TABi: Type-Aware Bi-Encoders for Open-Domain Entity Retrieval

This repo contains an implementation of TABi, a bi-encoder for entity retrieval that trains over knowledge graph types and unstructured text. TABi introduces a type-enforced contrastive loss to encourage query and entity embeddings to cluster by type in the embedding space. You can find more details in our paper.

This repo also includes pre-trained TABi models to retrieve Wikipedia pages from queries and training scripts to train TABi models on new datasets.

Setup

1. Installation

Our code is tested on Python 3.7. We recommend installing with a virtualenv.

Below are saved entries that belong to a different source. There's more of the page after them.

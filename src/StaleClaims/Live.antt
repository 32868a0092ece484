-- ===== src/StaleClaims/Live.antt =====
-- No issue with a live run behind it is labelled stale.
use symphonika.Base.{
  ℕ, Bool, true, false, ◌||◌, none, some, String, List, [], ◌∷◌, map, ◌≡◌, refl, sym, ◌∙◌, inl, inr,
  ◌⊎◌, arith, str_eq, eq_iff,
}
use symphonika.Base.Tests.{Bool-cases, Option-cases}
use symphonika.Base.Lists.{filter, Occurs, here, there, Occurs-under, Occurs-swap}
use symphonika.Base.Maps.{lookup}
use symphonika.Base.Texts.{lower_case}
use symphonika.Issue.{Repository, ProjectIssue, IssuePollStatus, same_issue_repository}
use symphonika.Store.{RunRow}
use symphonika.Store.Queries.{
  RunKey, run_key, list_active_run_ids, list_waiting_run_ids, list_resumable_shutdown_runs,
  is_active, is_resumable, insert_by, order_by, created_before,
}
use symphonika.Store.Runs.{is_waiting}
use symphonika.Registry.ActiveRuns.{ActiveRuns}
use symphonika.Registry.Reservations
use symphonika.StaleClaims.{
  LiveIssueKeys, Input, add, add_each, covers, collect_live_keys, is_abandoned, marks_issue,
  issue_key, repository_issue_key, tracker_of, reserved_key, StaleClaimMark, has_any_label,
  claim_labels, detect_each, detect_stale_claims,
}

-- The key is of the issue: of its project and number, and of its repository if it has one.
abbrev pub Of : RunKey → ProjectIssue → Type 0
Of k c =
    (k.project_name ≡ c.project)
    × (k.issue_number ≡ c.issue.number)
    × ((k.issue_repository ≡ none)
        ⊎ ((r : Repository) × (k.issue_repository ≡ some r)
            × (same_issue_repository r c.repository ≡ true)))

abbrev covered : LiveIssueKeys → ProjectIssue → Bool
covered keys c = covers keys c.project c.repository c.issue.number

one_key :
    (a b : Repository) (project : String) (n : ℕ)
    → same_issue_repository a b ≡ true
    → repository_issue_key project a n ≡ repository_issue_key project b n
unfolding same_issue_repository
one_key a b project n h =
    let owner : lower_case a.owner ≡ lower_case b.owner =
      ground (arith, eq_iff (lower_case a.owner) (lower_case b.owner)) in
    let repo : lower_case a.repo ≡ lower_case b.repo =
      ground (arith, eq_iff (lower_case a.repo) (lower_case b.repo)) in
    rw (owner, repo) refl

add-covers :
    (k : RunKey) (keys : LiveIssueKeys) (c : ProjectIssue)
    → Of k c
    → covered (add k.project_name k.issue_repository k.issue_number keys) c ≡ true
unfolding add covers
add-covers k keys c (p, n, inl none_known) =
    rw (none_known, p, n)
      (ground
        (arith, eq_iff (issue_key c.project c.issue.number) (issue_key c.project c.issue.number)))
add-covers k keys c (p, n, inr (r, known, same)) =
    let folded = one_key r c.repository c.project c.issue.number same in
    rw (known, p, n)
      (ground (
        arith,
        folded,
        eq_iff (repository_issue_key c.project r c.issue.number)
            (repository_issue_key c.project c.repository c.issue.number),
      ))

add_keeps :
    (k : RunKey) (keys : LiveIssueKeys) (c : ProjectIssue)
    → covered keys c ≡ true
    → covered (add k.project_name k.issue_repository k.issue_number keys) c ≡ true
unfolding add covers
add_keeps k keys c h = elim (Option-cases k.issue_repository) [
  | inl n ↦ rw n (ground arith)
  | inr (r, n) ↦ rw n (ground arith)
]

add_each_keeps :
    (ks : List RunKey) (keys : LiveIssueKeys) (c : ProjectIssue)
    → covered keys c ≡ true
    → covered (add_each ks keys) c ≡ true
unfolding add_each
add_each_keeps [] keys c h = h
add_each_keeps (k ∷ ks) keys c h =
    add_each_keeps ks (add k.project_name k.issue_repository k.issue_number keys) c
      (add_keeps k keys c h)

add_each-covers :
    (ks : List RunKey) (keys : LiveIssueKeys) (c : ProjectIssue) (k : RunKey)
    → Occurs k ks
    → Of k c
    → covered (add_each ks keys) c ≡ true
unfolding add_each
add_each-covers [] keys c k o h = elim o [ ]
add_each-covers (_ ∷ ks) keys c k here h =
    add_each_keeps ks (add k.project_name k.issue_repository k.issue_number keys) c
      (add-covers k keys c h)
add_each-covers (j ∷ ks) keys c k (there o) h =
    add_each-covers ks (add j.project_name j.issue_repository j.issue_number keys) c k o h

Occurs-map_filter :
    (p : RunRow → Bool) (rs : List RunRow) (r : RunRow)
    → Occurs r rs
    → p r ≡ true
    → Occurs (run_key r) (map run_key (filter p rs))
Occurs-map_filter p [] r o h = elim o [ ]
Occurs-map_filter p (_ ∷ rs) r here h = rw h here
Occurs-map_filter p (x ∷ rs) r (there o) h = elim (Bool-cases (p x)) [
  | inl k ↦ rw k (there (Occurs-map_filter p rs r o h))
  | inr k ↦ rw k (Occurs-map_filter p rs r o h)
]

module _ (first : RunRow → RunRow → Bool) where
  insert_by-Occurs :
      {x : RunRow} (r : RunRow) (rs : List RunRow)
      → Occurs x (r ∷ rs)
      → Occurs x (insert_by first r rs)
  insert_by-Occurs r [] o = o
  insert_by-Occurs r (n ∷ ns) o = elim (Bool-cases (first n r)) [
    | inl k ↦ rw k (Occurs-under (insert_by-Occurs r ns) (Occurs-swap o))
    | inr k ↦ rw k o
  ]

  order_by-Occurs : {x : RunRow} (rs : List RunRow) → Occurs x rs → Occurs x (order_by first rs)
  order_by-Occurs [] o = o
  order_by-Occurs (r ∷ rs) o =
      insert_by-Occurs r (order_by first rs) (Occurs-under (order_by-Occurs rs) o)

filter-Occurs :
    (p : RunRow → Bool) (rs : List RunRow) (r : RunRow)
    → Occurs r rs
    → p r ≡ true
    → Occurs r (filter p rs)
filter-Occurs p [] r o h = elim o [ ]
filter-Occurs p (_ ∷ rs) r here h = rw h here
filter-Occurs p (x ∷ rs) r (there o) h = elim (Bool-cases (p x)) [
  | inl k ↦ rw k (there (filter-Occurs p rs r o h))
  | inr k ↦ rw k (filter-Occurs p rs r o h)
]

Occurs-map : (rs : List RunRow) (r : RunRow) → Occurs r rs → Occurs (run_key r) (map run_key rs)
Occurs-map [] r o = elim o [ ]
Occurs-map (_ ∷ rs) r here = here
Occurs-map (x ∷ rs) r (there o) = there (Occurs-map rs r o)

-- A row that may still be worked on: in a state before the end, parked, or to be resumed.
abbrev pub is_live : List RunRow → RunRow → Bool
is_live rows r = is_active r.state || (is_waiting r.state || is_resumable rows r)

live-covered :
    (active : ActiveRuns) (rows : List RunRow) (c : ProjectIssue) (r : RunRow)
    → Occurs r rows
    → is_live rows r ≡ true
    → Of (run_key r) c
    → covered (collect_live_keys active rows) c ≡ true
unfolding collect_live_keys list_active_run_ids list_waiting_run_ids list_resumable_shutdown_runs
live-covered active rows c r o live k =
    let reserved =
      add_each (map reserved_key (Reservations.issue_keys active.in_flight active.scheduled))
        (record { qualified = []; wildcard = [] }) in
    let running = add_each (list_active_run_ids rows) reserved in
    let waiting = add_each (list_waiting_run_ids rows) running in
    let resumable = map run_key (list_resumable_shutdown_runs rows) in
    elim (Bool-cases (is_active r.state)) [
      | inl a ↦
          let found =
            add_each-covers (list_active_run_ids rows) reserved c (run_key r)
              (Occurs-map_filter (λ x. is_active x.state) rows r o a) k in
          add_each_keeps resumable waiting c
            (add_each_keeps (list_waiting_run_ids rows) running c found)
      | inr a ↦ elim (Bool-cases (is_waiting r.state)) [
        | inl b ↦
            let found =
              add_each-covers (list_waiting_run_ids rows) running c (run_key r)
                (Occurs-map_filter (λ x. is_waiting x.state) rows r o b) k in
            add_each_keeps resumable waiting c found
        | inr b ↦
            add_each-covers resumable waiting c (run_key r)
              (Occurs-map (list_resumable_shutdown_runs rows) r (
                order_by-Occurs created_before (filter (is_resumable rows) rows)
                  (filter-Occurs (is_resumable rows) rows r o (ground arith))))
              k
      ]
    ]

-- What a mark stands for: a filtered issue that is open and claimed, and of no live row.
abbrev pub Abandoned : Input → List ProjectIssue → StaleClaimMark → Type 0
Abandoned input issues m =
    (c : ProjectIssue) × Occurs c issues
    × (c.issue.number ≡ m.issue_number)
    × (c.project ≡ m.project)
    × (str_eq c.issue.state "open" ≡ true)
    × (has_any_label c.issue.labels claim_labels ≡ true)
    × ((r : RunRow) → Occurs r input.rows → is_live input.rows r ≡ true → Of (run_key r) c → ⊥)

marks_issue-abandoned :
    (input : Input) (keys : LiveIssueKeys) (c : ProjectIssue)
    → marks_issue input keys c ≡ true
    → is_abandoned keys c ≡ true
unfolding marks_issue
marks_issue-abandoned input keys c h =
    elim (Option-cases (tracker_of (lookup c.project input.projects))) [
      | inl k ↦ let no : false ≡ true = rw (k, marks_issue) at h in absurd (ground arith)
      | inr (t, k) ↦ ground (arith, rw (k, marks_issue) at h)
    ]

abandoned :
    (input : Input) (c : ProjectIssue)
    → is_abandoned (collect_live_keys input.active_runs input.rows) c ≡ true
    → (str_eq c.issue.state "open" ≡ true)
      × (has_any_label c.issue.labels claim_labels ≡ true)
      × (covered (collect_live_keys input.active_runs input.rows) c ≡ false)
unfolding is_abandoned
abandoned input c h = ground arith

further :
    (input : Input) (c : ProjectIssue) (cs : List ProjectIssue) (m : StaleClaimMark)
    → Abandoned input cs m
    → Abandoned input (c ∷ cs) m
further input c cs m a = (a.0, there a.1, a.2, a.3, a.4, a.5, a.6)

first_mark :
    (input : Input) (c : ProjectIssue) (cs : List ProjectIssue) (m : StaleClaimMark)
    (ms : List StaleClaimMark)
    → is_abandoned (collect_live_keys input.active_runs input.rows) c ≡ true
    → (Occurs m ms → Abandoned input cs m)
    → Occurs m (record { issue_number = c.issue.number; project = c.project } ∷ ms)
    → Abandoned input (c ∷ cs) m
first_mark input c cs m ms h f here =
    let (is_open, is_claimed, alone) = abandoned input c h in
    (
      c,
      here,
      refl,
      refl,
      is_open,
      is_claimed,
      λ r o live k.
          let yes_covered = live-covered input.active_runs input.rows c r o live k in
          let no : true ≡ false = sym yes_covered ∙ alone in absurd (ground arith),
    )
first_mark input c cs m ms h f (there o) = further input c cs m (f o)

detect_each-Abandoned :
    (input : Input) (cs : List ProjectIssue) (m : StaleClaimMark)
    → Occurs m (detect_each input (collect_live_keys input.active_runs input.rows) cs).0
    → Abandoned input cs m
unfolding detect_each
detect_each-Abandoned input [] m o = elim o [ ]
detect_each-Abandoned input (c ∷ cs) m o =
    let keys = collect_live_keys input.active_runs input.rows in
    elim (Bool-cases (marks_issue input keys c)) [
      | inl k ↦
          first_mark input c cs m (detect_each input keys cs).0
            (marks_issue-abandoned input keys c k) (detect_each-Abandoned input cs m) (rw k at o)
      | inr k ↦ further input c cs m (detect_each-Abandoned input cs m (rw k at o))
    ]

-- Each issue that is marked stale is one that the poll filtered, open and with a claim label, and no
-- run of it is live: none in a state before the end, none parked and none to be resumed after a
-- shutdown, whether the run's repository is unknown or spelled in other letters' case.
pub detect_stale_claims-Abandoned :
    (input : Input) (poll : IssuePollStatus) (m : StaleClaimMark)
    → Occurs m (detect_stale_claims input poll).0
    → Abandoned input poll.filtered_issues m
unfolding detect_stale_claims
detect_stale_claims-Abandoned input poll m o = detect_each-Abandoned input poll.filtered_issues m o
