-- ===== src/Store/Legacy.antt =====
-- `failLegacyInputRequiredRuns` of src/run-store.ts: runs that an older release left waiting for
-- input fail. The cutoff is given, and so is the time that is read for each run.
use symphonika.Base.{
  ℕ, Bool, true, false, ◌&&◌, ◌||◌, some, none, String, List, [], ◌∷◌, map, str_eq,
}
use symphonika.Base.Lists.{filter}
use symphonika.Base.Order.{precedes}
use symphonika.Run.{RunState, FailureClassification}
use symphonika.Store.{Notification, RunRow, Store}
use symphonika.Store.Runs.{update_where, is_id, with_transition}
use symphonika.Store.Queries.{order_by}

abbrev pub is_input_required : RunState → Bool
is_input_required RunState.input_required = true
is_input_required _ = false

abbrev pub updated_before : RunRow → RunRow → Bool
updated_before n r =
    precedes n.updated_at r.updated_at || (str_eq n.updated_at r.updated_at && precedes n.id r.id)

-- The runs that are to fail, in order.
pub legacy_runs : String → List RunRow → List RunRow
legacy_runs cutoff rows =
    order_by updated_before
      (filter (λ r. is_input_required r.state && precedes r.updated_at cutoff) rows)

-- What the call gives of a run: its key, its project and its issue's number.
abbrev pub migrated : RunRow → String × String × ℕ
migrated r = (r.id, r.project_name, r.issue_number)

abbrev pub legacy_reason : String
legacy_reason = "provider requested input (legacy)"

abbrev pub failed_legacy : String → RunRow → RunRow
failed_legacy at r = record r {
  state = RunState.failed;
  terminal_reason = some legacy_reason;
  failure_classification = some FailureClassification.input_required;
  notification_state = Notification.pending;
  notification_error = none;
  updated_at = at;
}

unfoldable pub fail_each : (String → String) → List RunRow → Store → Store
fail_each at [] s = s
fail_each at (r ∷ rs) s = fail_each at rs (
    with_transition r.id RunState.failed (at r.id)
      (record s { runs = update_where (is_id r.id) (failed_legacy (at r.id)) s.runs }))

unfoldable pub fail_legacy_input_required_runs :
    String → (String → String) → Store → Store × List (String × String × ℕ)
unfolding legacy_runs fail_each
fail_legacy_input_required_runs cutoff at s =
    let rows = legacy_runs cutoff s.runs in (fail_each at rows s, map migrated rows)
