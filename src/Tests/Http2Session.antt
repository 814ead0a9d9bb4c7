-- ===== src/Tests/Http2Session.antt =====
-- extensions/http2/src/Http2Session.cc: a request with a body, and frames that break the protocol. The
-- header blocks are indexed fields, so that no Huffman table is asked.
use coro_test.Common.{
  ℕ, ◌+◌, ◌<◌, ◌≡◌, ◌⊎◌, inl, inr, refl, List, [], ◌∷◌, ◌++◌, Bytes, true, false, some, arith,
  bytes_eq,
}
use coro_test.Common.Error.{ok, err}
use coro_test.Io.{read}
use coro_test.Io.Exact.{read_exact, read_exact_loop}
use coro_test.Hpack.Text.{HuffmanTables}
use coro_test.Hpack.Table.{new_table}
use coro_test.Http2.Frame.{Frame, read_frame, read_payload, parse_header}
use coro_test.Http2.Types.{
  client_preface, data_type, headers_type, continuation_type, settings_type,
}
use coro_test.Http2.Session.{
  Http2Session, Http2Stream, Handled, out_of_bounds, undefined_shift, new_session, find_stream,
  has_stream,
}
use coro_test.Http2.Session.Run.{TaskCall, run, on_round}
use coro_test.Http2.Session.Invariant.{IsConsistent}
use coro_test.Hpack.Decoder.{
  decode, decode_loop, decode_field, indexed_field, table_get, apply_header, is_pseudo,
  apply_pseudo, DecodedHeaders,
}
use coro_test.Hpack.Integer.{decode_int, decode_groups}
use coro_test.Hpack.Table.{get}
use coro_test.Hpack.Table.Static.{static_table}
use coro_test.Http2.Session.{set_stream, erase_stream, byte_at, write, four_bytes}
use coro_test.Http2.Session.Headers.{
  handle_headers, open_headers, read_pad_len, take_block, finalise_headers, decode_block, block_of,
  with_block, accept_headers, bad_request, any_bad_header, bad_header,
}
use coro_test.Http2.Session.Control.{
  handle_data, take_data, deliver, close_body, handle_settings, setting_error,
}
use coro_test.Http2.Session.Run.{run_loop, on_calls, on_frame, no_frame_error, after_frame}
use coro_test.Http2.Session.Invariant.Total.{new_session-IsConsistent, run-IsConsistent}
use coro_test.Http2.Session.Invariant.Rounds.{on_round-out_of_bounds}
use coro_test.Http2.Session.Invariant.Reads.{pad_size, priority_size}
use coro_test.Http2.Session.Hostile.{short_headers, continuation_zero}
use coro_test.Http2.Session.Delivery.{IsDelivered, data_payload, is_padded, handle_data-IsDelivered}
use coro_test.Http2.Session.Settings.{
  Setting, settings_bytes, with_settings, latest_size, answer, Stops, handle_settings-answer,
}

abbrev no_huffman : HuffmanTables
no_huffman = record {
  decode_entry = λ state nibble. record { fstate = 0; flags = 0; sym = 0 };
  sym_entry = λ c. record { nbits = 8; code = c };
}

-- GET / over http, with END_HEADERS but without END_STREAM, and four bytes of data.
abbrev request : Bytes
request =
    client_preface
    ++ (0 ∷ 0 ∷ 3 ∷ 1 ∷ 4 ∷ 0 ∷ 0 ∷ 0 ∷ 1 ∷ 0x82 ∷ 0x84 ∷ 0x86 ∷ [])
    ++ (0 ∷ 0 ∷ 4 ∷ 0 ∷ 1 ∷ 0 ∷ 0 ∷ 0 ∷ 1 ∷ 1 ∷ 2 ∷ 3 ∷ 4 ∷ [])

abbrev answers_none : ℕ → List TaskCall
answers_none round = []

run-IsConsistent_example :
    (run no_huffman answers_none (request ∷ []) ≡ err out_of_bounds)
    ⊎ (run no_huffman answers_none (request ∷ []) ≡ err undefined_shift)
    ⊎ ((s : Http2Session) × (run no_huffman answers_none (request ∷ []) ≡ ok s) × IsConsistent s)
run-IsConsistent_example = run-IsConsistent no_huffman answers_none (request ∷ []) (omega arith, tt)

dispatched_by : Handled → List ℕ
dispatched_by (ok s) = s.dispatched
dispatched_by (err x) = []

request_dispatched : dispatched_by (run no_huffman answers_none (request ∷ [])) ≡ 1 ∷ []
unfolding dispatched_by run read_exact read_exact_loop read bytes_eq run_loop read_frame
    read_payload parse_header on_calls on_round on_frame no_frame_error after_frame handle_headers
    handle_data open_headers read_pad_len take_block finalise_headers decode_block block_of
    with_block accept_headers bad_request any_bad_header bad_header set_stream erase_stream
    find_stream has_stream byte_at take_data deliver close_body write four_bytes new_session
    new_table decode decode_loop decode_field indexed_field decode_int decode_groups table_get get
    static_table apply_header is_pseudo apply_pseudo
request_dispatched = refl

-- A HEADERS frame with PADDED and no payload.
abbrev padded_empty : Frame
padded_empty = record {
  header = record { payload_length = 0; frame_type = headers_type; flags = 0x8; stream_id = 1 };
  payload = [];
}

short_headers_example : on_round no_huffman new_session padded_empty ≡ err out_of_bounds
unfolding new_session has_stream find_stream
short_headers_example =
    short_headers no_huffman new_session padded_empty refl (omega arith) refl refl (omega arith)
      refl refl refl

on_round-out_of_bounds_example :
    ((headers_type ≡ headers_type) × (0 < pad_size padded_empty + priority_size padded_empty))
    ⊎ ((headers_type ≡ data_type) × (0 < pad_size padded_empty))
on_round-out_of_bounds_example =
    on_round-out_of_bounds no_huffman new_session padded_empty new_session-IsConsistent
      short_headers_example

abbrev get_root : DecodedHeaders
get_root = record {
  method = 71 ∷ 69 ∷ 84 ∷ [];
  path = 47 ∷ [];
  scheme = 104 ∷ 116 ∷ 116 ∷ 112 ∷ [];
  authority = [];
  status = [];
  headers = [];
}

-- A CONTINUATION frame on stream 0, at the start of a connection.
abbrev continuation_alone : Frame
continuation_alone = record {
  header = record {
    payload_length = 3;
    frame_type = continuation_type;
    flags = 0x4;
    stream_id = 0;
  };
  payload = 0x82 ∷ 0x84 ∷ 0x86 ∷ [];
}

block_decodes :
    decode no_huffman new_session.decoder
      (new_session.header_block_buf ++ continuation_alone.payload)
    ≡ some (new_session.decoder, ok get_root)
unfolding new_session new_table decode decode_loop decode_field indexed_field decode_int
    decode_groups table_get get static_table apply_header is_pseudo apply_pseudo bytes_eq
block_decodes = refl

root_good : bad_request get_root ≡ false
unfolding bad_request any_bad_header
root_good = refl

continuation_zero_example :
    (s' : Http2Session) × (on_round no_huffman new_session continuation_alone ≡ ok (s', true))
    × (has_stream 0 s'.streams ≡ true)
    × (s'.dispatched ≡ 0 ∷ new_session.dispatched)
unfolding new_session
continuation_zero_example =
    continuation_zero no_huffman new_session continuation_alone new_session.decoder get_root refl
      (omega arith) refl refl refl block_decodes root_good

abbrev open_stream : Http2Stream
open_stream = record {
  decoded_headers = get_root;
  headers_complete = true;
  sender_open = true;
  body = [];
}

abbrev with_stream : Http2Session
with_stream = record new_session { streams = (1, open_stream) ∷ [] }

-- Two bytes of data, and two of padding.
abbrev padded_data : Frame
padded_data = record {
  header = record { payload_length = 5; frame_type = data_type; flags = 0x9; stream_id = 1 };
  payload = 2 ∷ 7 ∷ 8 ∷ 0 ∷ 0 ∷ [];
}

handle_data-IsDelivered_example :
    (s' : Http2Session) × (handle_data with_stream padded_data ≡ ok s')
    × IsDelivered with_stream s' padded_data open_stream (7 ∷ 8 ∷ []) 3
unfolding find_stream is_padded data_payload
handle_data-IsDelivered_example =
    handle_data-IsDelivered with_stream padded_data open_stream (some (0 ∷ 0 ∷ [])) (7 ∷ 8 ∷ []) 3
      (λ e. absurd (omega arith)) refl refl refl refl (omega arith) (omega arith)

abbrev larger_frames : Setting
larger_frames = record { id = 5; val = 32768 }

abbrev bad_push : Setting
bad_push = record { id = 2; val = 2 }

abbrev settings_frame : Frame
settings_frame = record {
  header = record { payload_length = 12; frame_type = settings_type; flags = 0; stream_id = 0 };
  payload = 0 ∷ 5 ∷ 0 ∷ 0 ∷ 128 ∷ 0 ∷ 0 ∷ 2 ∷ 0 ∷ 0 ∷ 0 ∷ 2 ∷ [];
}

handle_settings-answer_example :
    (handle_settings new_session settings_frame
      ≡ answer (with_settings new_session (larger_frames ∷ [])) (bad_push ∷ []))
    × ((with_settings new_session (larger_frames ∷ [])).peer_max_frame_size
        ≡ latest_size new_session.peer_max_frame_size (larger_frames ∷ []))
unfolding settings_bytes setting_error Stops
handle_settings-answer_example =
    handle_settings-answer new_session settings_frame (larger_frames ∷ []) (bad_push ∷ []) refl refl
      refl ((omega arith, omega arith), ((omega arith, omega arith), tt))
      ((inl (omega arith), inl (omega arith), inr (omega arith, omega arith)), tt)
      (inl (refl, omega arith))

pip install -r requirements.txt
pip install -e .

If you are using NVIDIA A100 GPUs, you will need to install a version of PyTorch that supports the sm_80 CUDA architecture:

pip install torch==1.10.1+cu111 torchvision==0.11.2+cu111 torchaudio==0.10.1 -f https://download.pytorch.org/whl/torch_stable.html

2. Download TABi models

We provide the following pre-trained TABi models. We also provide the pre-computed entity embeddings over the KILT-E knowledge base. The pre-computed entity embeddings require 16GB of disk space to download.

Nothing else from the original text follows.